A paper on medical AI evaluation unexpectedly disclosed the parameter sizes of multiple top large language models, causing widespread concern in the industry. This paper released by Microsoft takes the MEDEC medical field benchmark test as the core and estimates the model parameters of OpenAI, Anthropic and other companies, including models such as OpenAI's GPT-4 series and Anthropic's Claude 3.5 Sonnet. There are differences between the parameter scales mentioned in the paper and public information. For example, the parameter scale of GPT-4 is very different from the data previously announced by NVIDIA. This has triggered a heated discussion in the industry about model architecture and technical strength, and once again triggered people's concern about AI models. Thoughts on parameter confidentiality.
According to the paper, OpenAI's o1-preview model has about 300B parameters, GPT-4o has about 200B, and GPT-4o-mini has only 8B; the parameter size of Claude3.5Sonnet is about 175B. MEDEC test results show that Claude3.5Sonnet performs well in error detection, scoring as high as 70.16. The parameters of Google Gemini are not mentioned in the paper. This may be because Gemini uses TPU instead of NVIDIA GPU, which makes it difficult to accurately estimate the token generation speed. The “leaked” parameter information in the paper, as well as the evaluation results of the model performance, provide valuable reference for the industry to think deeply about the large model technology route, business competition, and future development directions.

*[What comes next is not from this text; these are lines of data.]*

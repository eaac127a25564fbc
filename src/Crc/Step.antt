-- ===== src/Crc/Step.antt =====
-- One round of the CRC loop of src/arc_protocol.c as arithmetic.
use arc_protocol.Prelude.{ℕ, zero, suc, ◌+◌, ◌-◌, ◌*◌, ◌^◌, ◌<◌, ◌≡◌, arith}
use arc_protocol.Prelude.{◌≢◌, ap, sym, ◌∙◌, ◌⊎◌, inl, inr, bit_xor, lt_or_le}
use arc_protocol.Prelude.Bits.{bit_and_bit, bit_xor_fields, bit_xor-lt, bit_xor_step}
use arc_protocol.Prelude.Bits.{bit_xor-injective, bit_xor_assoc, bit_xor_comm}
use arc_protocol.Crc.{crc_bit, crc_bits}

pub crc_bit-lt : (c : ℕ) → crc_bit c < 2 ^ 16
unfolding crc_bit
crc_bit-lt c = ground arith

-- With the top bit clear a round doubles.
pub crc_bit_low : (c : ℕ) → c < 2 ^ 15 → crc_bit c ≡ c * 2
unfolding crc_bit
crc_bit_low c h = ground (arith, bit_and_bit 15 c)

pub crc_bit_high : (r : ℕ) → r < 2 ^ 15 → crc_bit (2 ^ 15 + r) ≡ bit_xor (r * 2) 0x1021
unfolding crc_bit
crc_bit_high r h = ground (
  arith,
  bit_and_bit 15 (2 ^ 15 + r),
  bit_xor_fields 16 1 0 (r * 2) 0x1021 (omega arith) (omega arith),
  bit_xor-lt 16 (r * 2) 0x1021 (omega arith) (omega arith),
)

abbrev pub IsSplit : ℕ → Type 0
IsSplit c = (c < 2 ^ 15) ⊎ ((r : ℕ) × (r < 2 ^ 15) × (c ≡ 2 ^ 15 + r))

-- A word has its top bit clear, or is that bit and the rest.
pub word_halves : (c : ℕ) → c < 2 ^ 16 → IsSplit c
word_halves c h = elim (lt_or_le (2 ^ 15) (c + 1)) [
  | inl high ↦ inr (c - 2 ^ 15, omega arith, omega arith)
  | inr low ↦ inl (omega arith)
]

double_injective : (x y : ℕ) → x * 2 ≡ y * 2 → x ≡ y
double_injective x y e = omega arith

-- The polynomial is odd, so a round keeps the bit that it shifts out.
high-ne-low : (r s : ℕ) → bit_xor (r * 2) 0x1021 ≢ s * 2
high-ne-low r s e = omega (arith, bit_xor_step (r * 2) 0x1021)

crc_bit-injective_split : (x y : ℕ) → IsSplit x → IsSplit y → crc_bit x ≡ crc_bit y → x ≡ y
crc_bit-injective_split x y (inl p) (inl q) e = omega (arith, crc_bit_low x p, crc_bit_low y q)
crc_bit-injective_split x y (inl p) (inr (s, q, f)) e =
    absurd (high-ne-low s x (sym (crc_bit_high s q) ∙ ap crc_bit (sym f) ∙ sym e ∙ crc_bit_low x p))
crc_bit-injective_split x y (inr (r, p, d)) (inl q) e =
    absurd (high-ne-low r y (sym (crc_bit_high r p) ∙ ap crc_bit (sym d) ∙ e ∙ crc_bit_low y q))
crc_bit-injective_split x y (inr (r, p, d)) (inr (s, q, f)) e = omega (
  arith,
  double_injective r s (
      bit_xor-injective (r * 2) (s * 2) 0x1021
        (sym (crc_bit_high r p) ∙ ap crc_bit (sym d) ∙ e ∙ ap crc_bit f ∙ crc_bit_high s q)),
)

pub crc_bit-injective : (x y : ℕ) → x < 2 ^ 16 → y < 2 ^ 16 → crc_bit x ≡ crc_bit y → x ≡ y
crc_bit-injective x y p q e = crc_bit-injective_split x y (word_halves x p) (word_halves y q) e

pub crc_bits-lt : (n c : ℕ) → c < 2 ^ 16 → crc_bits n c < 2 ^ 16
unfolding crc_bits
crc_bits-lt zero c h = h
crc_bits-lt (suc n) c h = crc_bits-lt n (crc_bit c) (crc_bit-lt c)

pub crc_bits-injective : (n x y : ℕ) → x < 2 ^ 16 → y < 2 ^ 16 → crc_bits n x ≡ crc_bits n y → x ≡ y
unfolding crc_bits
crc_bits-injective zero x y p q e = e
crc_bits-injective (suc n) x y p q e =
    crc_bit-injective x y p q
      (crc_bits-injective n (crc_bit x) (crc_bit y) (crc_bit-lt x) (crc_bit-lt y) e)

bit_xor_double : (x y : ℕ) → bit_xor (x * 2) (y * 2) ≡ bit_xor x y * 2
bit_xor_double x y = ground (arith, bit_xor_step (x * 2) (y * 2))

bit_xor_right_comm : (x y z : ℕ) → bit_xor (bit_xor x y) z ≡ bit_xor (bit_xor x z) y
bit_xor_right_comm x y z =
    bit_xor_assoc x y z ∙ ap (λ (t : ℕ). bit_xor x t) (bit_xor_comm y z) ∙ sym (bit_xor_assoc x z y)

crc_bit-xor_split :
    (x y : ℕ) → IsSplit x → y < 2 ^ 15 → crc_bit (bit_xor x y) ≡ bit_xor (crc_bit x) (y * 2)
crc_bit-xor_split x y (inl p) q =
    rw (crc_bit_low (bit_xor x y) (bit_xor-lt 15 x y p q), crc_bit_low x p, bit_xor_double x y)
crc_bit-xor_split x y (inr (r, p, d)) q =
    rw
      (
        d,
        high_xor,
        crc_bit_high (bit_xor r y) (bit_xor-lt 15 r y p q),
        crc_bit_high r p,
        ← bit_xor_double r y,
      )
      (bit_xor_right_comm (r * 2) (y * 2) 0x1021)
  where
    high_xor : bit_xor (2 ^ 15 + r) y ≡ 2 ^ 15 + bit_xor r y
    high_xor = ground (arith, bit_xor_fields 15 1 0 r y p q)

-- What is joined below the top bit passes through a round by doubling.
pub crc_bit-xor :
    (x y : ℕ) → x < 2 ^ 16 → y < 2 ^ 15 → crc_bit (bit_xor x y) ≡ bit_xor (crc_bit x) (y * 2)
crc_bit-xor x y p q = crc_bit-xor_split x y (word_halves x p) q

This is not the first time that Microsoft has "leaked" model parameter information in papers. In October last year, Microsoft disclosed the 20B parameter size of GPT-3.5-Turbo in a paper, but later deleted this information in an updated version. This repeated "leakage" has led to speculation among industry insiders as to whether it has a specific intention.
It is worth noting that the main purpose of this paper is to introduce a benchmark in the medical field called MEDEC. The research team analyzed 488 clinical notes from three U.S. hospitals and evaluated the ability of major models to identify and correct medical documentation errors. The test results show that Claude3.5Sonnet leads other models in error detection with a score of 70.16.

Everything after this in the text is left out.